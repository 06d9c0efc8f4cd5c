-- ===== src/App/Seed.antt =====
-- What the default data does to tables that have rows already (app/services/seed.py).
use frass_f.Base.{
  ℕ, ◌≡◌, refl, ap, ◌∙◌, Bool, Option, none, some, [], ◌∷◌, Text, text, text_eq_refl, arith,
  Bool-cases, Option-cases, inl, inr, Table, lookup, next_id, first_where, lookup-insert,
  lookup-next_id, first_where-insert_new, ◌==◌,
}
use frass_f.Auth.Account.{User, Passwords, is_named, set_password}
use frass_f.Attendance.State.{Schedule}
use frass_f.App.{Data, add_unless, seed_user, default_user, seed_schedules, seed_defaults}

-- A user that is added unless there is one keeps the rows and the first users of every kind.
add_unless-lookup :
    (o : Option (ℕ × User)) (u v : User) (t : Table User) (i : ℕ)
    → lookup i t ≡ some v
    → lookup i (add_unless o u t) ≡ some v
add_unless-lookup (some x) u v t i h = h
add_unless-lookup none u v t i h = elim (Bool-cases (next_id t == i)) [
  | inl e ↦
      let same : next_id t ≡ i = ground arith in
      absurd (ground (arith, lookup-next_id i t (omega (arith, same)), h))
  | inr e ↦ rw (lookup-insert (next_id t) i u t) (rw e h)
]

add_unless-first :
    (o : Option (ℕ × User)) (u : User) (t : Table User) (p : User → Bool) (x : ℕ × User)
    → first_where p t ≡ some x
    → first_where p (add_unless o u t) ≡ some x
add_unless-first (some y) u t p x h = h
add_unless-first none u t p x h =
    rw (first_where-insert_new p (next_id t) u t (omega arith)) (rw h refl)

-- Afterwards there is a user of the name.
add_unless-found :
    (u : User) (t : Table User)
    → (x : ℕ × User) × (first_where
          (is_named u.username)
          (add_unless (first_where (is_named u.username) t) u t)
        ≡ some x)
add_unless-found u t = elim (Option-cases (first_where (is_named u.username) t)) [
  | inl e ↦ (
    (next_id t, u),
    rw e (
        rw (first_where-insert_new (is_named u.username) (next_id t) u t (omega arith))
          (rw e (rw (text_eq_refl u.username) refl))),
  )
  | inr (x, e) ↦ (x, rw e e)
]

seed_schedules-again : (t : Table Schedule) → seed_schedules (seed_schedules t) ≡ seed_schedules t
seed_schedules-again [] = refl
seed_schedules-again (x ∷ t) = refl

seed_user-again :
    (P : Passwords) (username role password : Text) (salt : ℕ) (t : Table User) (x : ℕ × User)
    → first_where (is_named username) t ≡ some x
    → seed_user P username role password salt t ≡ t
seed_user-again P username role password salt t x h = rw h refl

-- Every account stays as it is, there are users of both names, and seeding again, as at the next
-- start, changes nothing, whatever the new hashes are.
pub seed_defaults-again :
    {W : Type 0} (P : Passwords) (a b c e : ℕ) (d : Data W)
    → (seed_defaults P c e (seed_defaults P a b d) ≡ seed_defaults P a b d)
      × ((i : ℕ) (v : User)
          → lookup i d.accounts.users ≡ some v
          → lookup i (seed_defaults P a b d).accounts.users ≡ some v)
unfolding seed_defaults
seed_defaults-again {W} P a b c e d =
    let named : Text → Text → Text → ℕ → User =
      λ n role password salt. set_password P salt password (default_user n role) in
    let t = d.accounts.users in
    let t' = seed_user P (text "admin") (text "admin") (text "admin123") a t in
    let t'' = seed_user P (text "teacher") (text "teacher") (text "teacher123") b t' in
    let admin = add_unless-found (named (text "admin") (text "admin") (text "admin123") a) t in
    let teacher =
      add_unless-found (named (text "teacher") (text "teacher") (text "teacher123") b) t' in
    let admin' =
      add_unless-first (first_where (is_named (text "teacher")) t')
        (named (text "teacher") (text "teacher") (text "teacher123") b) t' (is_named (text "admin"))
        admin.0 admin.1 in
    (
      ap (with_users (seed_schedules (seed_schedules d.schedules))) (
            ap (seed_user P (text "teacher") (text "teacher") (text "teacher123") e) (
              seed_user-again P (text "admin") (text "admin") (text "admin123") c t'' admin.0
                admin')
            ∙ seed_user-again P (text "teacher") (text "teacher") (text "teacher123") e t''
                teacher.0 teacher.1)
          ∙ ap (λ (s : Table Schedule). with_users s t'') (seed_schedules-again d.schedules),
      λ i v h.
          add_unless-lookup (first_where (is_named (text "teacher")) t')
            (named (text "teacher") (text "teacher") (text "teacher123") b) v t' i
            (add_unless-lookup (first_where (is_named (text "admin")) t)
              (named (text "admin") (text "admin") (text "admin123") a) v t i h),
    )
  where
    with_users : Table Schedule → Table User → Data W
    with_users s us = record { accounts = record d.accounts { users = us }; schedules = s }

# Problem description
Show all lines of the material in which the word "ground" can be found.

# Answer
      let same : next_id t ≡ i = ground arith in
      absurd (ground (arith, lookup-next_id i t (omega (arith, same)), h))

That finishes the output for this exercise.